* [SUPPLIED RECORDS]:
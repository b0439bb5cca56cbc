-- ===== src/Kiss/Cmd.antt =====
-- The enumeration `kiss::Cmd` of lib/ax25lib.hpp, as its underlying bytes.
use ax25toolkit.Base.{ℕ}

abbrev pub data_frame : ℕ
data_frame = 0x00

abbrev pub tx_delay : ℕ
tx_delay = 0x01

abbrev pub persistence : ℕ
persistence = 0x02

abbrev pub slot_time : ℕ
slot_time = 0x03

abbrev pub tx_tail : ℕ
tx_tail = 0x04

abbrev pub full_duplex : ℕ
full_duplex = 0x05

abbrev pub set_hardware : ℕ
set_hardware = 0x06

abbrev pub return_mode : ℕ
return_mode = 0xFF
...
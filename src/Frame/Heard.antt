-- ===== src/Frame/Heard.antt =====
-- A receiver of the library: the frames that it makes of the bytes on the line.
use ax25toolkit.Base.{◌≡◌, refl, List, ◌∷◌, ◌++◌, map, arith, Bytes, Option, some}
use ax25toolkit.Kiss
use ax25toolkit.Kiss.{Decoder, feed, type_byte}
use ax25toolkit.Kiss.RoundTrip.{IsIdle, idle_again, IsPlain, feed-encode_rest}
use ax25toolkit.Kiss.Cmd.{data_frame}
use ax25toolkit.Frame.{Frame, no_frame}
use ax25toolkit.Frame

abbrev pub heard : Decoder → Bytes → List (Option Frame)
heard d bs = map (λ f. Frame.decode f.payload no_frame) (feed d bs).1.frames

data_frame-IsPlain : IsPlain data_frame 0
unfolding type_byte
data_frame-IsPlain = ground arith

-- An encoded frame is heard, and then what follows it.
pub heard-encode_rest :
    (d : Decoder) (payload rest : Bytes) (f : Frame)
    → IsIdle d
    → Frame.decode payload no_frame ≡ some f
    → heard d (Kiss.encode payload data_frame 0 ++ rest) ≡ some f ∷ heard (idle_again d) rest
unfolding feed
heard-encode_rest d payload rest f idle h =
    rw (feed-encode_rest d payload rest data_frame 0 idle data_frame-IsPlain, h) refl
...
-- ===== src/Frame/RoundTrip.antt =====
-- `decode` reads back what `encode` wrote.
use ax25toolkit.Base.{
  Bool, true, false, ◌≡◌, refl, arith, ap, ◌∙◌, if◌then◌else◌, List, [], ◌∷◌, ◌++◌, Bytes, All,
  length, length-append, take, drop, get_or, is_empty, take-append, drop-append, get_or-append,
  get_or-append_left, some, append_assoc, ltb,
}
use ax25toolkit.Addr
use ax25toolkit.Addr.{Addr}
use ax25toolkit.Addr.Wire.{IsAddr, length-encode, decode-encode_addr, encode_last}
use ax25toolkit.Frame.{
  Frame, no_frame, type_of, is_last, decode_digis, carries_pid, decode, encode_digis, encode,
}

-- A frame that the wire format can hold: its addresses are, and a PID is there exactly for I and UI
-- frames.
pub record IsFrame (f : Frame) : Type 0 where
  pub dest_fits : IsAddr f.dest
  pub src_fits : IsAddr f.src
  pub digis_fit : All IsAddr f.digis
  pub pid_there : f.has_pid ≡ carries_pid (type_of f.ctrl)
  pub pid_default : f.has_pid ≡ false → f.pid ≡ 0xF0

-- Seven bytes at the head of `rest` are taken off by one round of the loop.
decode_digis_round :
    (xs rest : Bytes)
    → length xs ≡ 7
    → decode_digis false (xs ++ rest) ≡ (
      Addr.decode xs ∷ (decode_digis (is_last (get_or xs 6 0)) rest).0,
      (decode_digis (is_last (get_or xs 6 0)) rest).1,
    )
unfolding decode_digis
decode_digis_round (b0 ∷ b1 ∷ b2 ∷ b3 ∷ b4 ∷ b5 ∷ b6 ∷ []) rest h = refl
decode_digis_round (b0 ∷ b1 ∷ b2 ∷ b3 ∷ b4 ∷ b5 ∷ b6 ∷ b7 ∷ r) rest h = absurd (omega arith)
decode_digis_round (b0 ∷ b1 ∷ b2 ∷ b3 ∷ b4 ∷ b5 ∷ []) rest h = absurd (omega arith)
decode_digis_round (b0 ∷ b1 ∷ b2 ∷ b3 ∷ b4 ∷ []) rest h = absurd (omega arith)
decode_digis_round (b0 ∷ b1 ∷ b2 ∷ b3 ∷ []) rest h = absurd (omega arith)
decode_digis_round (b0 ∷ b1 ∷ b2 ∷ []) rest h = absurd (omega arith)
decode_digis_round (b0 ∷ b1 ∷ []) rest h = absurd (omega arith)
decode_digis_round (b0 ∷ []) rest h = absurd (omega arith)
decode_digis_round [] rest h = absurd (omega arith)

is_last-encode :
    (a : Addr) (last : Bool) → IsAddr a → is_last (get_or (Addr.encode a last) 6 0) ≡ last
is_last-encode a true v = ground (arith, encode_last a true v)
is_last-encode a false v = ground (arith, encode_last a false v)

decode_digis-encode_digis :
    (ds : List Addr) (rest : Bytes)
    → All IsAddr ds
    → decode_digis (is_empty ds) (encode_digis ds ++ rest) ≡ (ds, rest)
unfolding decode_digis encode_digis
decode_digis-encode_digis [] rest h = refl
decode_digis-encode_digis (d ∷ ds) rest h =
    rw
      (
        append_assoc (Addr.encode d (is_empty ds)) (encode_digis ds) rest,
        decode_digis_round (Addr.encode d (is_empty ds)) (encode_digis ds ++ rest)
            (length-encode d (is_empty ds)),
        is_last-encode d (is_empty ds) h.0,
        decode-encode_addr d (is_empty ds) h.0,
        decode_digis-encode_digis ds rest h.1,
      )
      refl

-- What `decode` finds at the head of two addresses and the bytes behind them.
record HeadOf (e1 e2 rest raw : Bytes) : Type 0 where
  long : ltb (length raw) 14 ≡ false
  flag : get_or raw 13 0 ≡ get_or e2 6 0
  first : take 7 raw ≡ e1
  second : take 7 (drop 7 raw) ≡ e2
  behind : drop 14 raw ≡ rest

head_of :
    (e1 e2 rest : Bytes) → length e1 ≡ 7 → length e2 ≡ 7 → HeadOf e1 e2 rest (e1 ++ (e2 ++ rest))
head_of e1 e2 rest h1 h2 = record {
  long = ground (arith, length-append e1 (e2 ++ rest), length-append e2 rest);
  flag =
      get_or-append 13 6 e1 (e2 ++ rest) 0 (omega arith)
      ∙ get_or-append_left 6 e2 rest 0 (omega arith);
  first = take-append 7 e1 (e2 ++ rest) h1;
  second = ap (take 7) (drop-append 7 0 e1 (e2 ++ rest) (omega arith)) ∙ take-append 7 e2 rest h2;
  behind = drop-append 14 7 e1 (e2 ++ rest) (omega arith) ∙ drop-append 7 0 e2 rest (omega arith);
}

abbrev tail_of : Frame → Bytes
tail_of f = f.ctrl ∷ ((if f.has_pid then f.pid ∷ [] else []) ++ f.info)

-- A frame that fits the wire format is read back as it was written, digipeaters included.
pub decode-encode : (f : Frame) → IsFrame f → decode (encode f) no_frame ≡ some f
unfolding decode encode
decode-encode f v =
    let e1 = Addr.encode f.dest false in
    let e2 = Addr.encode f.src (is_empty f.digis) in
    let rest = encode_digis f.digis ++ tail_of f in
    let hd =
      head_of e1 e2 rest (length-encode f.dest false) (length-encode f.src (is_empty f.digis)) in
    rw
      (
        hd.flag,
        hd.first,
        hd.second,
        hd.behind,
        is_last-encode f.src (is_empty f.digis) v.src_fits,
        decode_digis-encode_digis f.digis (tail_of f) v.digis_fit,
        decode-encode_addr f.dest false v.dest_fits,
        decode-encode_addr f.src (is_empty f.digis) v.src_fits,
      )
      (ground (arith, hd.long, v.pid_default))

* [INSTRUCTIONS FOR THE TASK]: Starting at the line above that contains "repository b0439bb5cca56cbc", write out each line exactly until the line that contains "full_duplex = 0x05" has been written, and stop there.

* [COMPLETED EXERCISE]:
repository b0439bb5cca56cbc
-- ===== src/Kiss/Cmd.antt =====
-- The enumeration `kiss::Cmd` of lib/ax25lib.hpp, as its underlying bytes.
use ax25toolkit.Base.{ℕ}

abbrev pub data_frame : ℕ
data_frame = 0x00

abbrev pub tx_delay : ℕ
tx_delay = 0x01

abbrev pub persistence : ℕ
persistence = 0x02

abbrev pub slot_time : ℕ
slot_time = 0x03

abbrev pub tx_tail : ℕ
tx_tail = 0x04

abbrev pub full_duplex : ℕ
full_duplex = 0x05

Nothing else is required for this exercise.